Para Jucá (2013), a condição fundamental para atingir uma sustentabilidade é colocar limites ao crescimento econômico, o que implica reduzir o uso de recursos naturais não renováveis, de modo que não comprometa a sua utilização pelas gerações futuras.

As mudanças e os problemas ambientais são irreversíveis e não é possível analisar o conceito de desenvolvimento sustentável sem considerar a interrelação das dimensões de sustentabilidades apontadas por Sachs. Logo, a responsabilidades de todos os atores é ampliada na busca da sustentabilidade, a qual demanda ações e alternativas decisórias que possibilitem otimizar os

recursos ambientais existentes e as demandas das populações em relação ao seu uso e gestão.

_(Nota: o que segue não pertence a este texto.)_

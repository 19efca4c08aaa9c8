-- ===== src/Worker/Repeated.antt =====
-- An answer that has come before, or that no packet waits for, changes nothing but the counts:
-- `rx_process_one` of server/backend/worker.cpp.
use clean_slate_inc.Prelude.{
  ℕ, zero, suc, ◌≡◌, ◌⊎◌, inl, inr, refl, ◌∙◌, true, false, some, arith, ◌==◌, add64, Bool-cases,
}
use clean_slate_inc.Op.{Op}
use clean_slate_inc.Packet.{Mbuf}
use clean_slate_inc.Congestion.{max_win_len}
use clean_slate_inc.Window.{invalid_position, has_acked, get_position}
use clean_slate_inc.Worker.Defs.{Link, Worker, transmit, transmit_range}
use clean_slate_inc.Worker.Receive.{
  unanswered_run, collect_retrans, rx_process_one, note_tos, count_out_of_range, count_in_range,
}

module _ {Q F : Type 0} (l : Link) where
  -- What the worker keeps when it only sends.
  pub record SameState (w w' : Worker Q l.State F) : Type 0 where
    pub window : w'.window ≡ w.window
    pub mem : w'.mem ≡ w.mem
    pub qp : w'.qp ≡ w.qp
    pub group : w'.current_group_id ≡ w.current_group_id
    pub ack_cnt : w'.ack_cnt ≡ w.ack_cnt
    pub progress : w'.progress ≡ w.progress
    pub psn_of : w'.psn_of ≡ w.psn_of

  -- The parts of the worker that storing an answer's data leaves alone.
  abbrev pub SameStored : Worker Q l.State F → Worker Q l.State F → Type 0
  SameStored w w' =
      (w'.window ≡ w.window)
      × (w'.qp ≡ w.qp)
      × (w'.current_group_id ≡ w.current_group_id)
      × (w'.progress ≡ w.progress)
      × (w'.psn_of ≡ w.psn_of)

  pub SameState-trans : {a b c : Worker Q l.State F} → SameState a b → SameState b c → SameState a c
  SameState-trans p r = record {
    window = r.window ∙ p.window;
    mem = r.mem ∙ p.mem;
    qp = r.qp ∙ p.qp;
    group = r.group ∙ p.group;
    ack_cnt = r.ack_cnt ∙ p.ack_cnt;
    progress = r.progress ∙ p.progress;
    psn_of = r.psn_of ∙ p.psn_of;
  }

  pub transmit-SameState :
      (position : ℕ) (w : Worker Q l.State F) → SameState w (transmit l position w)
  unfolding transmit
  transmit-SameState position w = ground arith

  pub transmit_range-SameState :
      (fuel begin end : ℕ) (w : Worker Q l.State F)
      → SameState w (transmit_range l fuel begin end w)
  unfolding transmit_range
  transmit_range-SameState zero begin end w = ground arith
  transmit_range-SameState (suc fuel) begin end w = elim (Bool-cases (begin == end)) [
    | inl stop ↦ rw (stop, transmit_range) (ground arith)
    | inr go ↦
        rw (go, transmit_range)
          (SameState-trans (transmit-SameState begin w)
            (transmit_range-SameState fuel _ end (transmit l begin w)))
  ]

  pub collect_retrans-SameState :
      (position : ℕ) (w : Worker Q l.State F) → SameState w (collect_retrans l position w)
  unfolding collect_retrans
  collect_retrans-SameState position w =
      SameState-trans {b = flagged} (ground arith)
        (transmit_range-SameState max_win_len begin position flagged)
    where
      begin : ℕ
      begin = (unanswered_run max_win_len w.window position 0).0

      flagged : Worker Q l.State F
      flagged = record w {
        pkt_loss_flag = true;
        stats = record w.stats {
          fast_retrans_pkt_cnt =
              add64 w.stats.fast_retrans_pkt_cnt (unanswered_run max_win_len w.window position 0).1;
          fast_retrans_trigger_cnt = add64 w.stats.fast_retrans_trigger_cnt 1;
        };
      }

  -- An answer whose position is INVALID_POSITION, or has been answered before, changes neither the
  -- window nor the memory, sends nothing and completes nothing.
  pub redundant_answer_ignored :
      (ops : ℕ → Op) (pkt : Mbuf) (w : Worker Q l.State F)
      → ((get_position w.current_group_id w.window pkt ≡ invalid_position)
          ⊎ (has_acked w.window (get_position w.current_group_id w.window pkt) ≡ true))
      → (w' : Worker Q l.State F) × (rx_process_one l ops pkt w ≡ some w')
        × SameState w w'
        × (w'.link ≡ w.link)
        × (w'.local_queue ≡ w.local_queue)
  unfolding rx_process_one count_out_of_range count_in_range note_tos
  redundant_answer_ignored ops pkt w h =
      elim (Bool-cases (get_position w.current_group_id w.window pkt == invalid_position)) [
        | inl out ↦ (
          count_out_of_range l (note_tos l pkt w),
          rw (out, rx_process_one) refl,
          record {
            window = refl;
            mem = refl;
            qp = refl;
            group = refl;
            ack_cnt = refl;
            progress = refl;
            psn_of = refl;
          },
          refl,
          refl,
        )
        | inr inside ↦ (
          count_in_range l (note_tos l pkt w),
          rw (inside, rx_process_one, second h inside) refl,
          record {
            window = refl;
            mem = refl;
            qp = refl;
            group = refl;
            ack_cnt = refl;
            progress = refl;
            psn_of = refl;
          },
          refl,
          refl,
        )
      ]
    where
      second :
          (get_position w.current_group_id w.window pkt ≡ invalid_position)
            ⊎ (has_acked w.window (get_position w.current_group_id w.window pkt) ≡ true)
          → (get_position w.current_group_id w.window pkt == invalid_position) ≡ false
          → has_acked w.window (get_position w.current_group_id w.window pkt) ≡ true
      second (inl e) f = absurd (ground arith)
      second (inr e) f = e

Em síntese, tomando o licenciamento ambiental como um instrumento com possibilidade de consolidar o desenvolvimento sustentável, pode-se dizer que ele é um caminho na busca da governança para a sustentabilidade. Pode também se constituir um fator de mediação de conflitos ambientais contemplando aspectos importantes como a preservação ambiental, o trabalho e a reprodução sociocultural das populações que sofrem os impactos dos grandes empreendimentos. A partir do entendimento entre os atores (Estado, empreendedores e população), abre-se caminho para relações mais transparentes. Assim, é um instrumento da democracia que, por meio da gestão dos recursos naturais e de ações que visem à melhoria da qualidade de vida, incorpora as dimensões da sustentabilidade.